**** Raw data
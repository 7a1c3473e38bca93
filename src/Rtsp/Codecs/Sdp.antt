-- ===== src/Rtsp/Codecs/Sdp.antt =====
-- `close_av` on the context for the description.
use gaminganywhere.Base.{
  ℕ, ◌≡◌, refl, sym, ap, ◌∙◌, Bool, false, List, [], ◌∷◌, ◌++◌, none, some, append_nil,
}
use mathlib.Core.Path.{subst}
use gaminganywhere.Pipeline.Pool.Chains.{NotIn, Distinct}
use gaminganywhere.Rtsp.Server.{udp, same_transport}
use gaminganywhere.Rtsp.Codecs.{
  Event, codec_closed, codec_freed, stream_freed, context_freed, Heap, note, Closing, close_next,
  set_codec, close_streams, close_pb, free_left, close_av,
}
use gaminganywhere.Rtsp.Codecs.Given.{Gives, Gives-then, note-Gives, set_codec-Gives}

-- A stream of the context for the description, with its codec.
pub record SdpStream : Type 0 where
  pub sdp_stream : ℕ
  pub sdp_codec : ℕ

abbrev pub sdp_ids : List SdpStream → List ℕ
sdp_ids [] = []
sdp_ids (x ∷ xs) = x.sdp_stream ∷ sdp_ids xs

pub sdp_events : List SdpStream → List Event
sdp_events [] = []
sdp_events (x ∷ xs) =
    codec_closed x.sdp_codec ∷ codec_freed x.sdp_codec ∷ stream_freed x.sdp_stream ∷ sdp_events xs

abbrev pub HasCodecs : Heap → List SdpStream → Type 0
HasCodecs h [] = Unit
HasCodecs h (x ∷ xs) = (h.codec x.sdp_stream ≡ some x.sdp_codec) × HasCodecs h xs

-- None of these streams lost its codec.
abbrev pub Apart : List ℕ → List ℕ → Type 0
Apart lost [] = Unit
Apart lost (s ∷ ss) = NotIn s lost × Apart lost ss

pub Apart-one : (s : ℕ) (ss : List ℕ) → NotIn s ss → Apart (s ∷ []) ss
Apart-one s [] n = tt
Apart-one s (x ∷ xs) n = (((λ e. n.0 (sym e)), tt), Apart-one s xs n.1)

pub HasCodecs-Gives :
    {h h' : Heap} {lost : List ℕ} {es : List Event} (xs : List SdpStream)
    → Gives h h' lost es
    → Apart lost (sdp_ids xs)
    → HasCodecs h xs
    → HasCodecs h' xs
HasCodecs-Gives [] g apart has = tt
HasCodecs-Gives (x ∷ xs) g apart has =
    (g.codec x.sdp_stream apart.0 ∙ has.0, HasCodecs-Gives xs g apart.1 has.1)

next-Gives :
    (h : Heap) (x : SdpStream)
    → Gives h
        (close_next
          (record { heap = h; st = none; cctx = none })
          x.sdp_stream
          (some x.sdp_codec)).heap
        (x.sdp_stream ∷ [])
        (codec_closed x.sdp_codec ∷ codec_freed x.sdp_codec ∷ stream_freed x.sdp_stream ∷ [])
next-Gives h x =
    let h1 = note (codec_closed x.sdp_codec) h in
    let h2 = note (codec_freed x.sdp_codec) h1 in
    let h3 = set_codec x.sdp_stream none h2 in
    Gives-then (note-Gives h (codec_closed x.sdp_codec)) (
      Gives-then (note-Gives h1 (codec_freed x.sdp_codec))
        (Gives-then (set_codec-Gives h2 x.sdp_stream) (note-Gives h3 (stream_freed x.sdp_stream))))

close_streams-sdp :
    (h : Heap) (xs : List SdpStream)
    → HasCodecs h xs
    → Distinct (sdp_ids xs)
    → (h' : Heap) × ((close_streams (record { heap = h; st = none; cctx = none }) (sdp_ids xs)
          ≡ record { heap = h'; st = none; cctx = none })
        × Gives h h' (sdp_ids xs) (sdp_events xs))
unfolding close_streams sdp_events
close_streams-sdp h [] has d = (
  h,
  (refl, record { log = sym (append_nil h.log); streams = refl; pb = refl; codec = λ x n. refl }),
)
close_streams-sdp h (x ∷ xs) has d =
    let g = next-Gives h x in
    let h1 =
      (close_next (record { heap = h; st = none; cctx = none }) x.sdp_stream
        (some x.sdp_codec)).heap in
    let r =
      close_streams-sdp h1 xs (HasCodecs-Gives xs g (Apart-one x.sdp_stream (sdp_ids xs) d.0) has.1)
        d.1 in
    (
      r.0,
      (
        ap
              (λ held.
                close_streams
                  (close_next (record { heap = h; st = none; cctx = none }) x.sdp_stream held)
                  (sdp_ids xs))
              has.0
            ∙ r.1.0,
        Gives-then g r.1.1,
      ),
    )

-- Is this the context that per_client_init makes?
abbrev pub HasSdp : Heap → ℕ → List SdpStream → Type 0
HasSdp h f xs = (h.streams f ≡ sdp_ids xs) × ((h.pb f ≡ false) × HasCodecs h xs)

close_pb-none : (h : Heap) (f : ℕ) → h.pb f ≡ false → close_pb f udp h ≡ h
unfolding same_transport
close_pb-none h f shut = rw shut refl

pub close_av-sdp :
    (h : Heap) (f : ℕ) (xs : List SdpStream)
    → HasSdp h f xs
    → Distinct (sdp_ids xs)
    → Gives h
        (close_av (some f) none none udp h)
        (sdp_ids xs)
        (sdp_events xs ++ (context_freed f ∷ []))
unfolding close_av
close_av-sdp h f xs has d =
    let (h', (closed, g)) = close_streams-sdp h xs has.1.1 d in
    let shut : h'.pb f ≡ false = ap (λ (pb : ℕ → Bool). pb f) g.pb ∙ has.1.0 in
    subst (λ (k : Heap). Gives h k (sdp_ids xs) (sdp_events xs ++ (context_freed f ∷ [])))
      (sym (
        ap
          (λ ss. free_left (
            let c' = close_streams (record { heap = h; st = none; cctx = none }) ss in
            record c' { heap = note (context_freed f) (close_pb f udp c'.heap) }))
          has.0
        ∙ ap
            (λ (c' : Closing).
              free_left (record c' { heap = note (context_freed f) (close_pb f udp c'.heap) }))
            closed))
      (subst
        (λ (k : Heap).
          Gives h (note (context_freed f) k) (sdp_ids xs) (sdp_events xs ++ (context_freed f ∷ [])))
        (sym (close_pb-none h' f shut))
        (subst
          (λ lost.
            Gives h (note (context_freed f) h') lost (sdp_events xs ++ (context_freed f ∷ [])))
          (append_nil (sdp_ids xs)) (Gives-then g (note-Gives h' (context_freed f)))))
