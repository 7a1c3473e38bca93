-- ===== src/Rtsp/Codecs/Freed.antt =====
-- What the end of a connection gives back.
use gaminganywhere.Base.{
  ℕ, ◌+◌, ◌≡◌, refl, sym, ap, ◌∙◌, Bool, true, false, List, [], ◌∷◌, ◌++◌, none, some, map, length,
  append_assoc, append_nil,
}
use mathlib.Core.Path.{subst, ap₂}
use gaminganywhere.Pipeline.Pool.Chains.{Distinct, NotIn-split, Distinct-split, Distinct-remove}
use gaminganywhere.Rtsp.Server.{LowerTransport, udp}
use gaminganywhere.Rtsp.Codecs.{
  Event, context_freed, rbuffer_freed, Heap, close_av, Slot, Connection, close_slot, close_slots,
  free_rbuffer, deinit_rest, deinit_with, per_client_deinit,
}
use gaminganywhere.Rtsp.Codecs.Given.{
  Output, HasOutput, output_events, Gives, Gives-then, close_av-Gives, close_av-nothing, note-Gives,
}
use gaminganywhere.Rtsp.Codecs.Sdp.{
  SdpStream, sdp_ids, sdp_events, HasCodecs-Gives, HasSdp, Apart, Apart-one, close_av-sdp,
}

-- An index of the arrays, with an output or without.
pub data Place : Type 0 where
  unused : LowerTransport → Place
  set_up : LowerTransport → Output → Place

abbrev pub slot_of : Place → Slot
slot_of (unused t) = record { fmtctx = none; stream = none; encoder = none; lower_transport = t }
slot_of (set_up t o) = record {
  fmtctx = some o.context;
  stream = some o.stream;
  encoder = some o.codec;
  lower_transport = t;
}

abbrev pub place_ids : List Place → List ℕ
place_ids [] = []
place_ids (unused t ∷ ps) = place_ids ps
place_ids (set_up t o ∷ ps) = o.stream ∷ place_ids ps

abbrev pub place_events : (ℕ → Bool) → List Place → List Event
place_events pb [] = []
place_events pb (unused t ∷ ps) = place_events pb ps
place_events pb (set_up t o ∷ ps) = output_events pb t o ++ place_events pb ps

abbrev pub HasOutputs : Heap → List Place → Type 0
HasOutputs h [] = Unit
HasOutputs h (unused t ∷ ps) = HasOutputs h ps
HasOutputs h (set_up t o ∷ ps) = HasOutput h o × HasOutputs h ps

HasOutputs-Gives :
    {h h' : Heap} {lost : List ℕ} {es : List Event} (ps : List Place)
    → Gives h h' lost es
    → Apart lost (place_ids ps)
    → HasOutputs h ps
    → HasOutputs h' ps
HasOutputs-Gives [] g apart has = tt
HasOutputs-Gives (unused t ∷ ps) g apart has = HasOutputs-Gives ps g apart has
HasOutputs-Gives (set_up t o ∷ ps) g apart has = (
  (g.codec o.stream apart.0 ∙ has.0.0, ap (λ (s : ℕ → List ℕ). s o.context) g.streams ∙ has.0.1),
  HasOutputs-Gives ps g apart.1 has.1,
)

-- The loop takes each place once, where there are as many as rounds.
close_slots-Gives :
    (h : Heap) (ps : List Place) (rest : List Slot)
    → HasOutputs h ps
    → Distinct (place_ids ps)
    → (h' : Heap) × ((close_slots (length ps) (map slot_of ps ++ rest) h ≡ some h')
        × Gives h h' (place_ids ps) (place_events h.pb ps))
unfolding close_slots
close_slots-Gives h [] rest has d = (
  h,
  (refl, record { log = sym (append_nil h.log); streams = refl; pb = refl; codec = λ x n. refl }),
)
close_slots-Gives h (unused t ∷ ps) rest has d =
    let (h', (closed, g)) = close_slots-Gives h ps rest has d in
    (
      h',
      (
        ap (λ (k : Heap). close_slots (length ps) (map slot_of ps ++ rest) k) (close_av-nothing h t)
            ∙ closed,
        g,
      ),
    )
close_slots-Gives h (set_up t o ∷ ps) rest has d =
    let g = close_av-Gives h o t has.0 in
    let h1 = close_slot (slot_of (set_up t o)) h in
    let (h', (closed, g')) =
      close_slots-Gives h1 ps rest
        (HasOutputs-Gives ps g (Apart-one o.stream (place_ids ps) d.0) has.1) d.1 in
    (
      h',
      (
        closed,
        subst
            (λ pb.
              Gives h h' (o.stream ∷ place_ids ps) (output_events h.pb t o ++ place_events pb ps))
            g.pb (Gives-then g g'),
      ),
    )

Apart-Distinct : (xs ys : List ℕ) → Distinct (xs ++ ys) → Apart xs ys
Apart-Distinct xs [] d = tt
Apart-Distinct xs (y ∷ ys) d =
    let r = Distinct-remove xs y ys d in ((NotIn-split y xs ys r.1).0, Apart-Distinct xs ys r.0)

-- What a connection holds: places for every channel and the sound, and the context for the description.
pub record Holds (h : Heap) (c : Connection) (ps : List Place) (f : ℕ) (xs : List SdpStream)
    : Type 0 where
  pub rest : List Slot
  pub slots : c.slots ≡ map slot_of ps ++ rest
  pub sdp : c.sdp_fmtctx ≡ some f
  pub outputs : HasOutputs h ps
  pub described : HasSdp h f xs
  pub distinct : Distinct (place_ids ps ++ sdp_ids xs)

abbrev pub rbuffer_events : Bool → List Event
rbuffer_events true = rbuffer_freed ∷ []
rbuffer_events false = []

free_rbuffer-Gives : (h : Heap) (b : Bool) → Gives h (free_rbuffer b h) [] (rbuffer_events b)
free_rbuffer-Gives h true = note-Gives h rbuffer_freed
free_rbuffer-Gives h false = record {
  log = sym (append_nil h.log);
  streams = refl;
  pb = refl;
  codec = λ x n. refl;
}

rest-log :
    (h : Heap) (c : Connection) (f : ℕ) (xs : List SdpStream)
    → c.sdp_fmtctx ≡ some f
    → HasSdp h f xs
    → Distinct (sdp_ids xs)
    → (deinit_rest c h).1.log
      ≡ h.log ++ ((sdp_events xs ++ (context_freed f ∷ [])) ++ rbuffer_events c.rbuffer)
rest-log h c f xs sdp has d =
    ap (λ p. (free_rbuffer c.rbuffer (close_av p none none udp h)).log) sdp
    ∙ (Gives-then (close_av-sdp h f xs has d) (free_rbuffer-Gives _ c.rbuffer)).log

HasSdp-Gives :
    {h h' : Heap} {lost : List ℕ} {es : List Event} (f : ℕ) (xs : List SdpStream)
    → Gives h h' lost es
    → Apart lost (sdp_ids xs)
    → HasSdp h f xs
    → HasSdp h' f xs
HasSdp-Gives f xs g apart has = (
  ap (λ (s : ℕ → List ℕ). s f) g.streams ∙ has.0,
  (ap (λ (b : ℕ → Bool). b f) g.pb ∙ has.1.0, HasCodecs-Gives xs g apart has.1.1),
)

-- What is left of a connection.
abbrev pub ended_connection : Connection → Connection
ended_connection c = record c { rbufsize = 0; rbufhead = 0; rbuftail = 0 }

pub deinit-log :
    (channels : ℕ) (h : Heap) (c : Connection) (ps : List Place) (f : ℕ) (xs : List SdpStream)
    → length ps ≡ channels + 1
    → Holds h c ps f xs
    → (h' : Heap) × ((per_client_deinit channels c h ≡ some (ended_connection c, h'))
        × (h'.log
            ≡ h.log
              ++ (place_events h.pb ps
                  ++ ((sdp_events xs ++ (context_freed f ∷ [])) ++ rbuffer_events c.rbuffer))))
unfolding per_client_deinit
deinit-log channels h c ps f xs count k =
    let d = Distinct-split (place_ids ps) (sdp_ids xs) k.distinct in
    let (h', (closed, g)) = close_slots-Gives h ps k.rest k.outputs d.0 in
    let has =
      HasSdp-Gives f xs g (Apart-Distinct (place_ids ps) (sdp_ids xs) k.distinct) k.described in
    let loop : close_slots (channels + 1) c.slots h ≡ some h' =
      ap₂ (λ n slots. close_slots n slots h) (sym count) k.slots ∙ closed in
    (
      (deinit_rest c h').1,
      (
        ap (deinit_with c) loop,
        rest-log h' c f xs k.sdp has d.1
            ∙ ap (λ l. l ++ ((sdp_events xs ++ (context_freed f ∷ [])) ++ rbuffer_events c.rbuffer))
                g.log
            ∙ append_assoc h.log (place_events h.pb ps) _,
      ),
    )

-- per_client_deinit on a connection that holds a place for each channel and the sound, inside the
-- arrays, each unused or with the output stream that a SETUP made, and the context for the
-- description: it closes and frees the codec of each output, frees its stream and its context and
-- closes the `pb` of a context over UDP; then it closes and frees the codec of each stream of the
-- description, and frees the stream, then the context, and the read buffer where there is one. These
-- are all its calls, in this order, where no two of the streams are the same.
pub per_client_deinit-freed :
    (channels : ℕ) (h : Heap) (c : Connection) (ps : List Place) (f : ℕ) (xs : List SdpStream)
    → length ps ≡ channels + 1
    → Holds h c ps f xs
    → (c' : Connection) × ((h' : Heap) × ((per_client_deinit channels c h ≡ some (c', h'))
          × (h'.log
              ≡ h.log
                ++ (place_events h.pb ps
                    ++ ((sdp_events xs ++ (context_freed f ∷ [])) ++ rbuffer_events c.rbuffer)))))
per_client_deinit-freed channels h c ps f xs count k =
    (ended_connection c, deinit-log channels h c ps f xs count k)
********
In the listing above, find the line with "HasSdp-Gives f xs g apart" and the line with "let (h', (closed, g)) = close_slots-Gives h ps k.rest", then reproduce both and every line between them exactly.

Solution to this exercise:
HasSdp-Gives f xs g apart has = (
  ap (λ (s : ℕ → List ℕ). s f) g.streams ∙ has.0,
  (ap (λ (b : ℕ → Bool). b f) g.pb ∙ has.1.0, HasCodecs-Gives xs g apart has.1.1),
)

-- What is left of a connection.
abbrev pub ended_connection : Connection → Connection
ended_connection c = record c { rbufsize = 0; rbufhead = 0; rbuftail = 0 }

pub deinit-log :
    (channels : ℕ) (h : Heap) (c : Connection) (ps : List Place) (f : ℕ) (xs : List SdpStream)
    → length ps ≡ channels + 1
    → Holds h c ps f xs
    → (h' : Heap) × ((per_client_deinit channels c h ≡ some (ended_connection c, h'))
        × (h'.log
            ≡ h.log
              ++ (place_events h.pb ps
                  ++ ((sdp_events xs ++ (context_freed f ∷ [])) ++ rbuffer_events c.rbuffer))))
unfolding per_client_deinit
deinit-log channels h c ps f xs count k =
    let d = Distinct-split (place_ids ps) (sdp_ids xs) k.distinct in
    let (h', (closed, g)) = close_slots-Gives h ps k.rest k.outputs d.0 in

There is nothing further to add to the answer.